━━ INFORMATION SHOWN

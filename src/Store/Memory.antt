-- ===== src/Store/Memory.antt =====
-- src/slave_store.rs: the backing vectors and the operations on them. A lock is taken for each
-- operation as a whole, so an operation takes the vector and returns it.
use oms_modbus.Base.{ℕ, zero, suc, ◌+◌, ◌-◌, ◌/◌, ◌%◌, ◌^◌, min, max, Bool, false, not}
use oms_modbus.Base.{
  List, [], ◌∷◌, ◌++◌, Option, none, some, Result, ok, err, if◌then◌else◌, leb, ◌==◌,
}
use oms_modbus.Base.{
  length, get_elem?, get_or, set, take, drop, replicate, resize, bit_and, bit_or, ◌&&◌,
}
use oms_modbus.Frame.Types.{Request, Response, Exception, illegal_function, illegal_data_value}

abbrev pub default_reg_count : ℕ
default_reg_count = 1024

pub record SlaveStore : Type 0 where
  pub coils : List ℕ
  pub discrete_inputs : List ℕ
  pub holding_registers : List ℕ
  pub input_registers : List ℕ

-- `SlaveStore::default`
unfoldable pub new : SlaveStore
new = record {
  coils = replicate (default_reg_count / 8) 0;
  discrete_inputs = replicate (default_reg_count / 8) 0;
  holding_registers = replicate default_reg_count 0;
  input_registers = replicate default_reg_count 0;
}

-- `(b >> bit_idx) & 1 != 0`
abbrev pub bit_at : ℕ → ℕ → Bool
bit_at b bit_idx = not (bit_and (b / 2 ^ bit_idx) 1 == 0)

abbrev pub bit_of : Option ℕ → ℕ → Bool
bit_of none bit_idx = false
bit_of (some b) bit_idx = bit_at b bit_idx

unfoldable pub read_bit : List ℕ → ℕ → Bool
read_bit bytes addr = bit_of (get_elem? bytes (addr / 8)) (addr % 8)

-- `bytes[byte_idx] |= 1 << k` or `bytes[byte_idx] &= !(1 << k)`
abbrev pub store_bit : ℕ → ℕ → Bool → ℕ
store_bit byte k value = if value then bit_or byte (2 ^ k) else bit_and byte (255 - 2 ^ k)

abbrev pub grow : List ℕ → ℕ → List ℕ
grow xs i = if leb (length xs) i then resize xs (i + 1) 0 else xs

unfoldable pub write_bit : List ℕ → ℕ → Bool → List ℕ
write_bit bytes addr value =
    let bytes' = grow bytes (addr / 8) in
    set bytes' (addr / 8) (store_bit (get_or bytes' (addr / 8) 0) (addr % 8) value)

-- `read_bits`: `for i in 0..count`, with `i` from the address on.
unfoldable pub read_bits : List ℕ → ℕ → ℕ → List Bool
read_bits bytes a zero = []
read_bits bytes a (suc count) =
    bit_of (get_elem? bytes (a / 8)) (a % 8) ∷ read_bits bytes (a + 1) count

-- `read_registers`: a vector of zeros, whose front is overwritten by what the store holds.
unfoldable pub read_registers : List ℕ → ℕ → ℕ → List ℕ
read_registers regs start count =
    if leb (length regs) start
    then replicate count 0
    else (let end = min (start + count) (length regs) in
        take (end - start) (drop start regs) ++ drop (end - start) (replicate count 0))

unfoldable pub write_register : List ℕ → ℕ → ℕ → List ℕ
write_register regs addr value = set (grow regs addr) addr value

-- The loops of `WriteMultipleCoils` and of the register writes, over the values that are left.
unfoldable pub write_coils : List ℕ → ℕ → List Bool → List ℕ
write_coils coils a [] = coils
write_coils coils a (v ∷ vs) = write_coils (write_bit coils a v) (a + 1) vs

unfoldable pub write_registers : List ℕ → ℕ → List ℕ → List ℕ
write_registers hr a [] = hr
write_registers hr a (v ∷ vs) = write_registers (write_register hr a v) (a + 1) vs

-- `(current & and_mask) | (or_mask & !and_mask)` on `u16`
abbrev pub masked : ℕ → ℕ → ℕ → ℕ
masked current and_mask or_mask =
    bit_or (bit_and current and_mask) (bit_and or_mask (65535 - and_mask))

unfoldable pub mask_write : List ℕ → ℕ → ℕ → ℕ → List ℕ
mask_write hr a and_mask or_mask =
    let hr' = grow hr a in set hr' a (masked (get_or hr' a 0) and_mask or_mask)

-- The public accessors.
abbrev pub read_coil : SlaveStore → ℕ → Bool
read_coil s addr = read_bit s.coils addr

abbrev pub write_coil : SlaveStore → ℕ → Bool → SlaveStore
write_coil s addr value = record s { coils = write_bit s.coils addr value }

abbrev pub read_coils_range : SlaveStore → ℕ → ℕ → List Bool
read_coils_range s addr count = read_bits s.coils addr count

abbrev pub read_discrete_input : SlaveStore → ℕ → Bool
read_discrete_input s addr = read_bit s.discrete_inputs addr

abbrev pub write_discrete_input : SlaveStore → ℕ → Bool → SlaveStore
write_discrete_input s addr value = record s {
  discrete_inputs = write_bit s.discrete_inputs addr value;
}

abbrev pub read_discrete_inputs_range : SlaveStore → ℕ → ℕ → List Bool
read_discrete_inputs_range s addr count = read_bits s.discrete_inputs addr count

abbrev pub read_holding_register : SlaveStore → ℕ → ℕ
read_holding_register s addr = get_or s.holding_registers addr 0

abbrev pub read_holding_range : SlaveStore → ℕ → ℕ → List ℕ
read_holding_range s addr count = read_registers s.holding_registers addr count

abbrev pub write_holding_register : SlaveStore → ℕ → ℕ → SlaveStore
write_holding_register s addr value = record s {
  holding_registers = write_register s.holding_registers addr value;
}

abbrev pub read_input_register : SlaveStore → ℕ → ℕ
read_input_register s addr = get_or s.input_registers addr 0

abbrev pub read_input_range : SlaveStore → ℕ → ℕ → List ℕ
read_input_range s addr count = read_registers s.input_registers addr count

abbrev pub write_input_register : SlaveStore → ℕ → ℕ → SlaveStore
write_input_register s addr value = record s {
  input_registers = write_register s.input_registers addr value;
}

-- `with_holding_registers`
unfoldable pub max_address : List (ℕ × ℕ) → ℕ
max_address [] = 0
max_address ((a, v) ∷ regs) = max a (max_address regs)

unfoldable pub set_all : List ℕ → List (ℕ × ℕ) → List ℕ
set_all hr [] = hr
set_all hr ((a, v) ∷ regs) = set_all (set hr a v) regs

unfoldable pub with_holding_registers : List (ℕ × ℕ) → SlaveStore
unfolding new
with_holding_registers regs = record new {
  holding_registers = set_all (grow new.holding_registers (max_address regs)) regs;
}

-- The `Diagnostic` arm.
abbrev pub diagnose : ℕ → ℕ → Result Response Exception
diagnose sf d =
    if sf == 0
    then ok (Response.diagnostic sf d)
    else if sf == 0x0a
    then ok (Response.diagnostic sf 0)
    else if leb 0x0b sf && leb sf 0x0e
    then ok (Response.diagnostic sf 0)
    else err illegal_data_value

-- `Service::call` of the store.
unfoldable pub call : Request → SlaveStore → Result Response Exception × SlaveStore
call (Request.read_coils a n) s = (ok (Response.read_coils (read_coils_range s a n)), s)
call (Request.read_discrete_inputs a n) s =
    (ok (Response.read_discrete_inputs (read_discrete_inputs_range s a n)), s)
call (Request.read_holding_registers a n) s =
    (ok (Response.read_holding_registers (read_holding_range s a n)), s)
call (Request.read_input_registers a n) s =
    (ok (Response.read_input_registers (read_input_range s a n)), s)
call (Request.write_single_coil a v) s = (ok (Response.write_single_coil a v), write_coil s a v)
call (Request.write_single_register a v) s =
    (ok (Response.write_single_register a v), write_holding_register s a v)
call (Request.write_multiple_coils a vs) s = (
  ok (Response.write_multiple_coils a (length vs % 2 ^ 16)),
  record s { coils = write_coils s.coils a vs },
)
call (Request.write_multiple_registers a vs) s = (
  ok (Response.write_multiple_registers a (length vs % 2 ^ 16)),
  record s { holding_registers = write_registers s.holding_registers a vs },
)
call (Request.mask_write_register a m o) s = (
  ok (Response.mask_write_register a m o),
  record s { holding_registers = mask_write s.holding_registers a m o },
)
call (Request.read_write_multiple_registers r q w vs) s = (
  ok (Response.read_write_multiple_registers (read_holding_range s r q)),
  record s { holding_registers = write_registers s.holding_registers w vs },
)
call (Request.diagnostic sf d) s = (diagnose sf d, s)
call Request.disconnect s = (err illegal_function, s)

━━━━

Copy, exactly and only, the lines above that begin with the one containing "unfoldable pub set_all" and finish with the one containing "else if leb 0x0b sf && leb sf 0x0e".

▸ **SOLUTION TO THIS PROBLEM**
unfoldable pub set_all : List ℕ → List (ℕ × ℕ) → List ℕ
set_all hr [] = hr
set_all hr ((a, v) ∷ regs) = set_all (set hr a v) regs

unfoldable pub with_holding_registers : List (ℕ × ℕ) → SlaveStore
unfolding new
with_holding_registers regs = record new {
  holding_registers = set_all (grow new.holding_registers (max_address regs)) regs;
}

-- The `Diagnostic` arm.
abbrev pub diagnose : ℕ → ℕ → Result Response Exception
diagnose sf d =
    if sf == 0
    then ok (Response.diagnostic sf d)
    else if sf == 0x0a
    then ok (Response.diagnostic sf 0)
    else if leb 0x0b sf && leb sf 0x0e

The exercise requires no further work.